June 29, 2024
Several Ukrainians freed from Russian detention, aided by Vatican
Ten Ukrainians, including a politician and two priests, who were held captive by Russia and Belarus have returned home, Ukrainian President Volodymyr Zelenskyy said.
He thanked the Vatican for its mediation in the release of the civilians.
Some of those released have been in prison since 2017, Zelenskyy said, arrested in Russian-controlled parts of eastern Ukraine that at the time were run by Moscow-backed separatists.
One of the freed captives was Nariman Dzhelyal, a leader of the Crimean Tatars, who was taken a year before Moscow’s forces invaded.

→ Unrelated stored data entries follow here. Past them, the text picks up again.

-- ===== src/Memory/Allocate.antt =====
-- kernel/memory.cpp: `allocate`, and `aquire`, which asks for more memory. The call of `vmm_request` there,
-- for a number of bytes, is an argument, since it allocates again: its result is an address, or 0, and the
-- state after it.
pub mod Grant
use xivix.Base.{
  ℕ, ◌≡◌, refl, ◌+◌, ◌*◌, ◌/◌, ◌%◌, Bool, true, false, if◌then◌else◌, ◌==◌, ◌&&◌, ltb, leb,
}
use xivix.Base.Word.{u32}
use xivix.Memory.{
  PageAllocator, extent_at, page_size, mx_free, set_extent, add_extent, find_free_extent,
}

-- An allocator as a part of a larger state, which is what the calls of `vmm_request` change.
pub record Part (S : Type 0) : Type 0 where
  pub get : S → PageAllocator
  pub put : PageAllocator → S → S
  pub get_put : (a : PageAllocator) (s : S) → get (put a s) ≡ a
  pub put_put : (a b : PageAllocator) (s : S) → put a (put b s) ≡ put a s

-- The allocator alone.
abbrev pub whole : Part PageAllocator
whole = record { get = λ s. s; put = λ a s. a; get_put = λ a s. refl; put_put = λ a b s. refl }

abbrev pub Request : Type 0 → Type 0
Request S = ℕ → S → ℕ × S

-- `allocate` where the extent `ifree` serves.
unfoldable pub take_free : ℕ → ℕ → PageAllocator → ℕ × PageAllocator
take_free l f s = let mm = (extent_at s s.ifree).base in (mm, set_extent mm l f s)

abbrev pub serves : ℕ → PageAllocator → Bool
serves l s = leb l (extent_at s s.ifree).length && (extent_at s s.ifree).flags == mx_free

module _ {S : Type 0} (p : Part S) where
  -- The result of an allocator, with the state around it.
  abbrev pub within : S → ℕ × PageAllocator → ℕ × S
  within s (mm, a) = (mm, p.put a s)

  -- `req_allocrange` with the address that it got, and `add_memory_callback`, whose count of bytes
  -- `add_extent` takes as a count of pages. The Boolean says that there is more memory.
  unfoldable pub add_range : ℕ → ℕ × S → Bool × S
  add_range mmb (bu, s) =
      if bu == 0
      then (false, s)
      else (true, p.put (add_extent bu (u32 (page_size * mmb)) mx_free (p.get s)) s)

  -- `req_allocrange`
  unfoldable pub req_allocrange : Request S → ℕ → S → Bool × S
  req_allocrange request ml s =
      let mmb = ml / page_size + (if ltb 0 (ml % page_size) then 1 else 0) in
      add_range mmb (request (u32 (mmb * page_size)) s)

  -- `aquire`. The least size, `16 * (BLOCKSIZE / PAGE_SIZE)`, is 0.
  unfoldable pub aquire : Request S → ℕ → S → Bool × S
  aquire request l s =
      let least = 16 * (0x800 / page_size) in
      req_allocrange request (if ltb l least then least else l) s

  -- The end of `allocate`, after `aquire`.
  unfoldable pub take_acquired : ℕ → ℕ → Bool × S → ℕ × S
  take_acquired l f (false, s) = (0, s)
  take_acquired l f (true, s) =
      let a = p.get s in
      let mm = (extent_at a a.ifree).base in
      (mm, p.put (find_free_extent 1 (set_extent mm l f a)) s)

  -- `allocate` from where `ifree` is known to be of free memory.
  unfoldable pub allocate_free : Request S → ℕ → ℕ → S → ℕ × S
  allocate_free request l f s =
      let a = p.get s in
      let found = find_free_extent l a in
      if leb l (extent_at a a.ifree).length
      then within s (take_free l f a)
      else if serves l found
      then within s (take_free l f found)
      else take_acquired l f (aquire request l (p.put (find_free_extent 0 found) s))

  -- `allocate`, where `active` is set.
  unfoldable pub allocate : Request S → ℕ → ℕ → S → ℕ × S
  allocate request l f s =
      let a = p.get s in
      let a' = if (extent_at a a.ifree).flags == mx_free then a else find_free_extent l a in
      if (extent_at a' a'.ifree).flags == mx_free
      then allocate_free request l f (p.put a' s)
      else (0, p.put a' s)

He was detained from where he lived in Crimea, despite the peninsula being illegally annexed by Russia a few years earlier.
Five of those liberated had been held in ex-Soviet Belarus, Moscow’s closest ally, which allowed the Kremlin to use its territory to help launch the 2022 invasion of Ukraine.
Russia and Ukraine have exchanged hundreds of prisoners throughout the nearly two-and-a-half-year conflict, typically in one-for-one swaps. But the release of civilian prisoners is rarer.
Some 3,310 Ukrainians have already been released from Russian captivity, according to Ukraine’s Coordination Headquarters for the Treatment of Prisoners of War. But many thousands, both civilians and military personnel, remain imprisoned.